* Exercise objective: Here are the records. Write out exactly the lines between the one holding "grid-IsInWindow duration step start end (slot" and the one holding "unfolding free_slots", inclusive.

(Collected data)
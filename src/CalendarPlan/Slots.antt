-- ===== src/CalendarPlan/Slots.antt =====
-- FindSuggestions against its specification: the first free slots of the grid, the slots that lie in
-- the window.
use native.Mathlib.Nat.{div-eq_of_lt, div-eq-sub-div, div-le_self}
use outlook_agent.CalendarPlan.{
  Interval, Options, Suggestion, blocking_intervals, default_duration, find_from, find_suggestions,
  merge_intervals, or_default, overlaps_any,
}
use outlook_agent.CalendarPlan.Merge.{overlaps_any-merge_intervals}
use outlook_agent.Prelude.{
  All, Bool-cases, List, [], arith, false, if◌then◌else◌, inl, inr, ltb, refl, suc, take, tests,
  true, zero, ℕ, ◌+◌, ◌-◌, ◌/◌, ◌<◌, ◌∷◌, ◌≡◌, ◌≤◌,
}

-- How many slots of the grid from `slot` on end within the window.
pub room : ℕ → ℕ → ℕ → ℕ → ℕ
room duration step end slot =
    if ltb end (slot + duration) then 0 else (end - (slot + duration)) / step + 1

room_full :
    (duration step end slot : ℕ)
    → ltb end (slot + duration) ≡ true
    → room duration step end slot ≡ 0
unfolding room
room_full duration step end slot h = rw h

same_rest :
    (end slot duration step : ℕ) → end - (slot + duration) - step ≡ end - (slot + step + duration)
same_rest end slot duration step = omega arith

room_step :
    (duration step end slot : ℕ)
    → 0 < step
    → ltb end (slot + duration) ≡ false
    → room duration step end slot ≡ suc (room duration step end (slot + step))
unfolding room
room_step duration step end slot pos h = elim (Bool-cases (ltb end (slot + step + duration))) [
  | inl past ↦
      rw (h, past, div-eq_of_lt {n = end - (slot + duration)} {m = step} (omega tests))
        (omega arith)
  | inr fits ↦
      rw
        (
          h,
          fits,
          div-eq-sub-div {m = step} {n = end - (slot + duration)} pos (omega tests),
          same_rest end slot duration step,
        )
        (omega arith)
]

room-le :
    (duration step end slot : ℕ) → 0 < duration → room duration step end slot ≤ suc (end - slot)
unfolding room
room-le duration step end slot pos = ground (arith, div-le_self (end - (slot + duration)) step)

-- `n` slots of the grid, from `slot` on.
pub grid : ℕ → ℕ → ℕ → ℕ → List Suggestion
grid duration step slot zero = []
grid duration step slot (suc n) =
    record { start = slot; end = slot + duration } ∷ grid duration step (slot + step) n

-- The slots that none of the intervals overlaps.
pub free_slots : List Interval → List Suggestion → List Suggestion
free_slots busy [] = []
free_slots busy (s ∷ rest) =
    let kept = free_slots busy rest in if overlaps_any s.start s.end busy then kept else s ∷ kept

take_nil : (n : ℕ) → take {A = Suggestion} n [] ≡ []
take_nil zero = refl
take_nil (suc n) = refl

none_left : (n : ℕ) → n ≤ 0 → n ≡ 0
none_left n h = omega arith

module _ (duration step end : ℕ) (busy blocking : List Interval) (positive : 0 < step)
    (same : (slot : ℕ)
      → overlaps_any slot (slot + duration) blocking
        ≡ overlaps_any slot (slot + duration) busy) where
  -- the slots that are left after `slot`
  abbrev rest_of : ℕ → List Suggestion
  rest_of slot =
      free_slots busy (grid duration step (slot + step) (room duration step end (slot + step)))

  fits_case :
      (fuel slot left : ℕ)
      → ltb end (slot + duration) ≡ false
      → find_from duration step end blocking fuel (slot + step) (suc left)
        ≡ take (suc left) (rest_of slot)
      → ((k : ℕ)
          → left ≡ suc k
          → find_from duration step end blocking fuel (slot + step) left ≡ take left (rest_of slot))
      → find_from duration step end blocking (suc fuel) slot (suc left)
        ≡ take (suc left) (
            free_slots busy (
              record { start = slot; end = slot + duration }
              ∷ grid duration step (slot + step) (room duration step end (slot + step))))
  unfolding find_from free_slots
  fits_case fuel slot zero fits skip more =
      elim (Bool-cases (overlaps_any slot (slot + duration) busy)) [
        | inl taken ↦ ground (arith, fits, taken, same slot, skip)
        | inr free ↦ ground (arith, fits, free, same slot)
      ]
  fits_case fuel slot (suc left) fits skip more =
      elim (Bool-cases (overlaps_any slot (slot + duration) busy)) [
        | inl taken ↦ ground (arith, fits, taken, same slot, skip)
        | inr free ↦ ground (arith, fits, free, same slot, more left refl)
      ]

  find_from-eq :
      (fuel slot left : ℕ)
      → room duration step end slot ≤ fuel
      → find_from duration step end blocking fuel slot (suc left)
        ≡ take (suc left) (free_slots busy (grid duration step slot (room duration step end slot)))
  unfolding find_from free_slots grid
  find_from-eq zero slot left enough =
      ground (arith, none_left (room duration step end slot) enough)
  find_from-eq (suc fuel) slot left enough = elim (Bool-cases (ltb end (slot + duration))) [
    | inl past ↦ ground (arith, past, room_full duration step end slot past)
    | inr fits ↦
        let shorter : room duration step end (slot + step) ≤ fuel =
          omega (arith, room_step duration step end slot positive fits) in
        rw (room_step duration step end slot positive fits) (
          fits_case fuel slot left fits (find_from-eq fuel (slot + step) left shorter)
            (λ k e. rw e (find_from-eq fuel (slot + step) k shorter)))
  ]

abbrev pub duration_of : Options → ℕ
duration_of options = or_default options.duration default_duration

abbrev pub step_of : Options → ℕ
step_of options = or_default options.step 1_800_000_000_000

abbrev pub limit_of : Options → ℕ
limit_of options = or_default options.max_suggestions 5

or_default-suc :
    (value fallback : ℕ)
    → 0 < fallback
    → or_default value fallback ≡ suc (or_default value fallback - 1)
or_default-suc value fallback pos = ground arith

module _ (start end : ℕ) (busy : List Interval) (options : Options) where
  -- FindSuggestions returns the first free slots of the grid, as many as are wanted: the slots start
  -- at `start` and every step after it, those that end within the window are on the grid, and a
  -- slot is free if no blocking interval of the calendar overlaps it. The loop needs no more rounds
  -- than the fuel it is given, and merging the intervals changes nothing.
  pub find_suggestions-eq :
      find_suggestions start end busy options
      ≡ take (limit_of options) (
          free_slots (blocking_intervals busy options.tentative_policy) (
            grid
              (duration_of options)
              (step_of options)
              start
              (room (duration_of options) (step_of options) end start)))
  unfolding find_suggestions
  find_suggestions-eq =
      let blocking = blocking_intervals busy options.tentative_policy in
      rw (or_default-suc options.max_suggestions 5 (omega arith)) (
        find_from-eq (duration_of options) (step_of options) end blocking (merge_intervals blocking)
          (ground arith)
          (λ slot.
            overlaps_any-merge_intervals slot (slot + duration_of options) blocking (ground arith))
          (suc (end - start)) start (or_default options.max_suggestions 5 - 1)
          (room-le (duration_of options) (step_of options) end start (ground arith)))

-- A slot of the asked length within the window.
abbrev pub IsInWindow : ℕ → ℕ → ℕ → Suggestion → Type 0
IsInWindow start end duration s = (start ≤ s.start) × (s.end ≡ s.start + duration) × (s.end ≤ end)

grid-IsInWindow :
    (duration step start end slot n : ℕ)
    → 0 < step
    → start ≤ slot
    → n ≡ room duration step end slot
    → All (IsInWindow start end duration) (grid duration step slot n)
unfolding grid
grid-IsInWindow duration step start end slot zero pos h e = tt
grid-IsInWindow duration step start end slot (suc n) pos h e =
    elim (Bool-cases (ltb end (slot + duration))) [
      | inl past ↦ absurd (omega (arith, room_full duration step end slot past))
      | inr fits ↦ (
        (h, refl, omega tests),
        grid-IsInWindow duration step start end (slot + step) n pos (omega arith)
            (omega (arith, room_step duration step end slot pos fits)),
      )
    ]

All-free_slots :
    (P : Suggestion → Type 0) (busy : List Interval) (xs : List Suggestion)
    → All P xs
    → All (λ s. P s × (overlaps_any s.start s.end busy ≡ false)) (free_slots busy xs)
unfolding free_slots
All-free_slots P busy [] h = tt
All-free_slots P busy (x ∷ xs) h = elim (Bool-cases (overlaps_any x.start x.end busy)) [
  | inl taken ↦ rw taken (All-free_slots P busy xs h.1)
  | inr free ↦ rw free ((h.0, free), All-free_slots P busy xs h.1)
]

All-take : (P : Suggestion → Type 0) (n : ℕ) (xs : List Suggestion) → All P xs → All P (take n xs)
All-take P zero xs h = tt
All-take P (suc n) [] h = tt
All-take P (suc n) (x ∷ xs) h = (h.0, All-take P n xs h.1)

-- Every suggestion lies in the window, has the asked length, and overlaps none of the calendar's
-- blocking intervals.
pub find_suggestions_sound :
    (start end : ℕ) (busy : List Interval) (options : Options)
    → All
        (λ s.
          IsInWindow start end (duration_of options) s
          × (overlaps_any s.start s.end (blocking_intervals busy options.tentative_policy) ≡ false))
        (find_suggestions start end busy options)
find_suggestions_sound start end busy options = rw (find_suggestions-eq start end busy options) (
    All-take _ (limit_of options) _ (
      All-free_slots _ (blocking_intervals busy options.tentative_policy) _ (
        grid-IsInWindow (duration_of options) (step_of options) start end start _ (ground arith)
          (omega arith) refl)))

* Your solution:
        grid-IsInWindow duration step start end (slot + step) n pos (omega arith)
            (omega (arith, room_step duration step end slot pos fits)),
      )
    ]

All-free_slots :
    (P : Suggestion → Type 0) (busy : List Interval) (xs : List Suggestion)
    → All P xs
    → All (λ s. P s × (overlaps_any s.start s.end busy ≡ false)) (free_slots busy xs)
unfolding free_slots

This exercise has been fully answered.